EVs AND PREMIUMISATION
As the Indian market matures, consumers are demanding larger wheel sizes – a trend Moitra says is led by OEMs. “We are seeing a clear market shift towards higher inches – for example, a car like the Maruti Suzuki Swift moving from 14-inch to 15-inch and others moving from 16-inch to 17-inch,” he observes.
Bridgestone’s ‘all-inch’ strategy covers the spectrum from 12 to 20 inches, but their brand strength is most potent in these premium, higher-diameter sizes.
This premiumisation dovetails with the transition to electric vehicles (EVs). Bridgestone has positioned itself with an ‘EV-ready’ portfolio, exemplified by the Turanza 6i. “It balances long-lasting durability and safety with low noise and comfort – essential for EVs,” says Moitra. To ensure they capture this nascent but fast-growing market, the company expanded the range from 36 sizes in 2024 to 72 sizes by 2025.

The OEM relationship remains the cornerstone of this technological foresight. “The OEM segment allows us to see ahead of the curve regarding future vehicle technologies,” Moitra explains.
At present, 35 percent of their consumer business is OE-based and Bridgestone is in active discussions with many of the newer automotive entrants arriving in India.
While Bridgestone is aggressively expanding its footprint in new tyre technology and premium consumer segments, it is taking a markedly more conservative approach towards the retreading sector in India. Despite the potential for material circularity, the company does not view retreading as a strategic priority for the immediate future.

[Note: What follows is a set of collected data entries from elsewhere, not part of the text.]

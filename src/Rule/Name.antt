-- ===== src/Rule/Name.antt =====
-- The language of account names: the scanner against the regular expression of rule.py.
use trutina.Base.{
  ℕ, ◌≡◌, refl, sym, ap, ◌∙◌, ◌↔◌, inl, inr, Bool, true, false, not, ◌&&◌, [], ◌∷◌, ◌++◌, arith,
  Text, All, Bool-cases,
}
use trutina.Rule.{is_letter, is_word, is_separator, scan_name, matches_name}

abbrev pub Words : Text → Type 0
Words = All (λ c. is_word c ≡ true)

-- (?:[&\-'./][A-Za-z0-9 ]+)*
pub data Groups : Text → Type 0 where
  end : Groups []
  group :
      (c d : ℕ) (w s : Text) {t : Text}
      → is_separator c ≡ true
      → Words (d ∷ w)
      → Groups s
      → t ≡ c ∷ d ∷ (w ++ s)
      → Groups t

-- [A-Za-z][A-Za-z0-9 ]*(?:[&\-'./][A-Za-z0-9 ]+)*
pub data IsAccountName : Text → Type 0 where
  name :
      (c : ℕ) (w s : Text) {t : Text}
      → is_letter c ≡ true
      → Words w
      → Groups s
      → t ≡ c ∷ (w ++ s)
      → IsAccountName t

-- What is left to read: a run of word characters, then groups.
abbrev Tail : Text → Type 0
Tail t = (w : Text) × (s : Text) × Words w × Groups s × (t ≡ w ++ s)

-- The same after a separator, where the run is not empty.
abbrev PendingTail : Text → Type 0
PendingTail t = (d : ℕ) × (w : Text) × (s : Text) × Words (d ∷ w) × Groups s × (t ≡ d ∷ (w ++ s))

abbrev Rest : Bool → Text → Type 0
Rest true t = PendingTail t
Rest false t = Tail t

and_true : (a b : Bool) → a && b ≡ true → (a ≡ true) × (b ≡ true)
and_true a b h = ground arith

separator-not-word : (c : ℕ) → is_separator c ≡ true → is_word c ≡ false
separator-not-word c h = ground arith

scan_name-word :
    (pending : Bool) (c : ℕ) (t : Text)
    → is_word c ≡ true
    → scan_name pending (c ∷ t) ≡ scan_name false t
unfolding scan_name
scan_name-word pending c t h = rw h

scan_name-other :
    (pending : Bool) (c : ℕ) (t : Text)
    → is_word c ≡ false
    → scan_name pending (c ∷ t) ≡ true
    → (pending ≡ false) × (is_separator c ≡ true) × (scan_name true t ≡ true)
unfolding scan_name
scan_name-other pending c t h e = split (is_separator c) (rw h at e)
  where
    split :
        (b : Bool)
        → (not pending && b) && scan_name true t ≡ true
        → (pending ≡ false) × (b ≡ true) × (scan_name true t ≡ true)
    split b k = ground arith

scan_name-separator :
    (c : ℕ) (t : Text) → is_separator c ≡ true → scan_name false (c ∷ t) ≡ scan_name true t
unfolding scan_name
scan_name-separator c t h = rw (separator-not-word c h, h)

Tail-word : (c : ℕ) {t : Text} → is_word c ≡ true → Tail t → Tail (c ∷ t)
Tail-word c h (w, s, hw, g, e) = (c ∷ w, s, (h, hw), g, ap (◌∷◌ c) e)

PendingTail-word : (c : ℕ) {t : Text} → is_word c ≡ true → Tail t → PendingTail (c ∷ t)
PendingTail-word c h (w, s, hw, g, e) = (c, w, s, (h, hw), g, ap (◌∷◌ c) e)

Tail-separator : (c : ℕ) {t : Text} → is_separator c ≡ true → PendingTail t → Tail (c ∷ t)
Tail-separator c {t} h (d, w, s, hw, g, e) =
    ([], c ∷ t, tt, group c d w s h hw g (ap (◌∷◌ c) e), refl)

scan_name-Rest : (pending : Bool) (t : Text) → scan_name pending t ≡ true → Rest pending t
unfolding scan_name
scan_name-Rest true [] h = cc
scan_name-Rest false [] h = ([], [], tt, end, refl)
scan_name-Rest true (c ∷ t) h = elim (Bool-cases (is_word c)) [
  | inl word ↦
      PendingTail-word c word (scan_name-Rest false t (sym (scan_name-word true c t word) ∙ h))
  | inr other ↦ let (p, _, _) = scan_name-other true c t other h in cc
]
scan_name-Rest false (c ∷ t) h = elim (Bool-cases (is_word c)) [
  | inl word ↦ Tail-word c word (scan_name-Rest false t (sym (scan_name-word false c t word) ∙ h))
  | inr other ↦
      let (_, sep, rest) = scan_name-other false c t other h in
      Tail-separator c sep (scan_name-Rest true t rest)
]

scan_name-Words :
    (w s : Text) → Words w → scan_name false s ≡ true → scan_name false (w ++ s) ≡ true
scan_name-Words [] s h e = e
scan_name-Words (c ∷ w) s h e = scan_name-word false c (w ++ s) h.0 ∙ scan_name-Words w s h.1 e

scan_name-Groups : {t : Text} → Groups t → scan_name false t ≡ true
unfolding scan_name
scan_name-Groups end = refl
scan_name-Groups (group c d w s sep hw g e) = rw e (
    scan_name-separator c (d ∷ (w ++ s)) sep
    ∙ scan_name-word true d (w ++ s) hw.0
    ∙ scan_name-Words w s hw.1 (scan_name-Groups g))

accepts_name : (t : Text) → matches_name t ≡ true → IsAccountName t
unfolding matches_name
accepts_name [] h = cc
accepts_name (c ∷ t) h =
    let both : (is_letter c ≡ true) × (scan_name false t ≡ true) = and_true _ _ h in
    let (w, s, hw, g, e) = scan_name-Rest false t both.1 in name c w s both.0 hw g (ap (◌∷◌ c) e)

name_accepted : {t : Text} → IsAccountName t → matches_name t ≡ true
unfolding matches_name
name_accepted (name c w s letter hw g e) =
    rw (e, letter) (scan_name-Words w s hw (scan_name-Groups g))

-- The scanner accepts a text if and only if it is an account name of the grammar that the regular
-- expression describes: a letter, word characters, and groups of one separator with at least one
-- word character.
pub matches_name-IsAccountName : (t : Text) → (matches_name t ≡ true) ↔ IsAccountName t
matches_name-IsAccountName t = (accepts_name t, name_accepted)
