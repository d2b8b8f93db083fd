-- ===== src/Rule/Clean.antt =====
-- `str.strip` and `clean_account_name` over the scanner of names.
use trutina.Base.{
  suc, ◌≤◌, length, ℕ, ◌≡◌, refl, ap, ◌∙◌, sym, inl, inr, true, false, none, some, [], ◌∷◌, arith,
  Text, Bool-cases,
}
use trutina.Platform.{Platform}
use trutina.Rule.{lstrip, cons_unless_blank, rstrip, strip, matches_name, clean_account_name}
use trutina.Rule.Name.{IsAccountName, matches_name-IsAccountName}

module _ ⦃u : Platform⦄ where
  rstrip-cons_unless_blank :
      (c : ℕ) (t : Text) → rstrip t ≡ t → rstrip (cons_unless_blank c t) ≡ cons_unless_blank c t
  unfolding rstrip
  rstrip-cons_unless_blank c [] h = ground arith
  rstrip-cons_unless_blank c (d ∷ t) h = rw h

  rstrip-rstrip : (t : Text) → rstrip (rstrip t) ≡ rstrip t
  unfolding rstrip
  rstrip-rstrip [] = refl
  rstrip-rstrip (c ∷ t) = rstrip-cons_unless_blank c (rstrip t) (rstrip-rstrip t)

  lstrip-lstrip : (t : Text) → lstrip (lstrip t) ≡ lstrip t
  unfolding lstrip
  lstrip-lstrip [] = refl
  lstrip-lstrip (c ∷ t) = ground (arith, lstrip-lstrip t)

  lstrip-cons_unless_blank :
      (c : ℕ) (t : Text)
      → u.is_space c ≡ false
      → lstrip (cons_unless_blank c t) ≡ cons_unless_blank c t
  unfolding lstrip rstrip
  lstrip-cons_unless_blank c [] h = rw (h, lstrip) (rw h)
  lstrip-cons_unless_blank c (d ∷ t) h = rw h

  -- `lstrip` leaves nothing, or a text that begins with a visible character.
  lstrip-lstrip-rstrip : (t : Text) → lstrip (rstrip (lstrip t)) ≡ rstrip (lstrip t)
  unfolding lstrip rstrip
  lstrip-lstrip-rstrip [] = refl
  lstrip-lstrip-rstrip (c ∷ t) = elim (Bool-cases (u.is_space c)) [
    | inl blank ↦ rw blank (lstrip-lstrip-rstrip t)
    | inr visible ↦ rw visible (lstrip-cons_unless_blank c (rstrip t) visible)
  ]

  -- Stripping twice is stripping once.
  pub strip-strip : (t : Text) → strip (strip t) ≡ strip t
  unfolding strip
  strip-strip t = ap rstrip (lstrip-lstrip-rstrip t) ∙ rstrip-rstrip (lstrip t)

  length-lstrip : (t : Text) → length (lstrip t) ≤ length t
  unfolding lstrip
  length-lstrip [] = omega arith
  length-lstrip (c ∷ t) = ground (arith, length-lstrip t)

  length-cons_unless_blank : (c : ℕ) (t : Text) → length (cons_unless_blank c t) ≤ suc (length t)
  unfolding cons_unless_blank
  length-cons_unless_blank c [] = ground arith
  length-cons_unless_blank c (d ∷ t) = omega arith

  length-rstrip : (t : Text) → length (rstrip t) ≤ length t
  unfolding rstrip
  length-rstrip [] = omega arith
  length-rstrip (c ∷ t) = omega (arith, length-rstrip t, length-cons_unless_blank c (rstrip t))

  pub length-strip : (t : Text) → length (strip t) ≤ length t
  unfolding strip
  length-strip t = omega (arith, length-rstrip (lstrip t), length-lstrip t)

  pub clean_account_name-inv :
      (value : Text) {n : Text}
      → clean_account_name value ≡ some n
      → (strip value ≡ n) × (matches_name n ≡ true)
  unfolding clean_account_name
  clean_account_name-inv value h = ground arith

  clean_account_name_of_strip :
      (n : Text) → strip n ≡ n → matches_name n ≡ true → clean_account_name n ≡ some n
  unfolding clean_account_name
  clean_account_name_of_strip n h m = rw (h, m)

  -- A name that clean_account_name returns is the stripped input, an account name of the grammar,
  -- and cleaned again to itself.
  pub clean_account_name-clean :
      (value n : Text)
      → clean_account_name value ≡ some n
      → (n ≡ strip value) × IsAccountName n × (clean_account_name n ≡ some n)
  clean_account_name-clean value n h =
      let (e, m) = clean_account_name-inv value h in
      (
        sym e,
        (matches_name-IsAccountName n).0 m,
        clean_account_name_of_strip n (ap strip (sym e) ∙ strip-strip value ∙ e) m,
      )

  -- clean_account_name returns none if the stripped input is no account name of the grammar.
  pub clean_account_name-none :
      (value : Text) → ¬ IsAccountName (strip value) → clean_account_name value ≡ none
  unfolding clean_account_name
  clean_account_name-none value h = elim (Bool-cases (matches_name (strip value))) [
    | inl m ↦ absurd (h ((matches_name-IsAccountName (strip value)).0 m))
    | inr m ↦ rw m
  ]
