-- ===== src/Core/Account/Valid.antt =====
-- What a validated account satisfies.
use trutina.Base.{◌≤◌, ◌≡◌, true, some, arith, length, Text}
use trutina.Platform.{Platform}
use trutina.Schema.{pass}
use trutina.Rule.{strip, clean_account_name}
use trutina.Rule.Name.{IsAccountName}
use native.Mathlib.Nat.{le_trans}
use trutina.Rule.Clean.{length-strip, clean_account_name-clean}
use trutina.Core.Account.{Account, AccountCategory, account, matches_code, check_code, check_name}

module _ ⦃u : Platform⦄ where
  check_code-pass :
      (value : Text) {c : Text}
      → check_code value ≡ pass c
      → (c ≡ value) × (matches_code value ≡ true)
  unfolding check_code
  check_code-pass value h = ground arith

  check_name-pass :
      (value : Text) {n : Text}
      → check_name value ≡ pass n
      → (2 ≤ length value) × (length value ≤ 150) × (clean_account_name value ≡ some n)
  unfolding check_name
  check_name-pass value h = ground arith

  pub account-inv :
      (code name : Text) (category : AccountCategory) {a : Account}
      → account code name category ≡ pass a
      → (check_code code ≡ pass a.code) × (check_name name ≡ pass a.name) × (a.category ≡ category)
  unfolding account
  account-inv code name category h = ground arith

  -- An account that is constructed has its code unchanged, in the format of the chart, its category
  -- unchanged, and the stripped name, which is an account name, its own cleaned form and at most
  -- 150 characters long.
  pub account-pass :
      (code name : Text) (category : AccountCategory) (a : Account)
      → account code name category ≡ pass a
      → (a.code ≡ code)
        × (matches_code a.code ≡ true)
        × (a.name ≡ strip name)
        × (clean_account_name a.name ≡ some a.name)
        × (length a.name ≤ 150)
        × (a.category ≡ category)
        × IsAccountName a.name
  account-pass code name category a h =
      let (c, n, k) = account-inv code name category h in
      let (same_code, format) = check_code-pass code c in
      let (low, high, cleaned) = check_name-pass name n in
      let (stripped, language, again) = clean_account_name-clean name a.name cleaned in
      (
        same_code,
        rw same_code format,
        stripped,
        again,
        rw stripped (le_trans (length-strip name) high),
        k,
        language,
      )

Moitra clarifies that Bandag, Bridgestone’s global retreading arm, is not currently active in India, and there are no plans to introduce it in the near-term. This decision is driven largely by the unique and challenging dynamics of the local market, which is currently dominated by cold retreading.
He points out that a significant pricing challenge exists when ‘cold retreads versus biased tyres versus some of the cheaper tyres’ are compared, making the business case difficult to justify at this stage. Consequently, Bridgestone has opted to remain focused on its core segments for the next two to three years rather than entering the retreading space.
SUSTAINABILITY AND THE ‘INSTITUTION OF RESPECT’
Beyond the numbers, Bridgestone is attempting to build what Moitra calls an ‘institution of respect’. This involves a heavy commitment to environmental goals. The Pune plant already holds the distinction of being the first carbon-neutral facility in the Bridgestone group.
“Sustainability is a core agenda across our entire value chain,” Moitra explains, noting a public commitment to reduce the company’s carbon footprint by 50 percent by 2030, including Scope 3 emissions. This holistic approach ranges from manufacturing processes to material circularity in the tyres themselves.
Looking ahead, the goal is to protect a dominant market share – currently over 20 percent by volume and 23 percent by value in the passenger car aftermarket. To do this, Bridgestone plans to expand its physical reach by 30 percent over the next five years, building upon its current network of over 4,000 touchpoints.
As the company transitions its branding from the Olympics to Formula E, the focus remains clear: high performance and the next era of mobility. “It’s the perfect platform to showcase our technological edge,” Moitra concludes.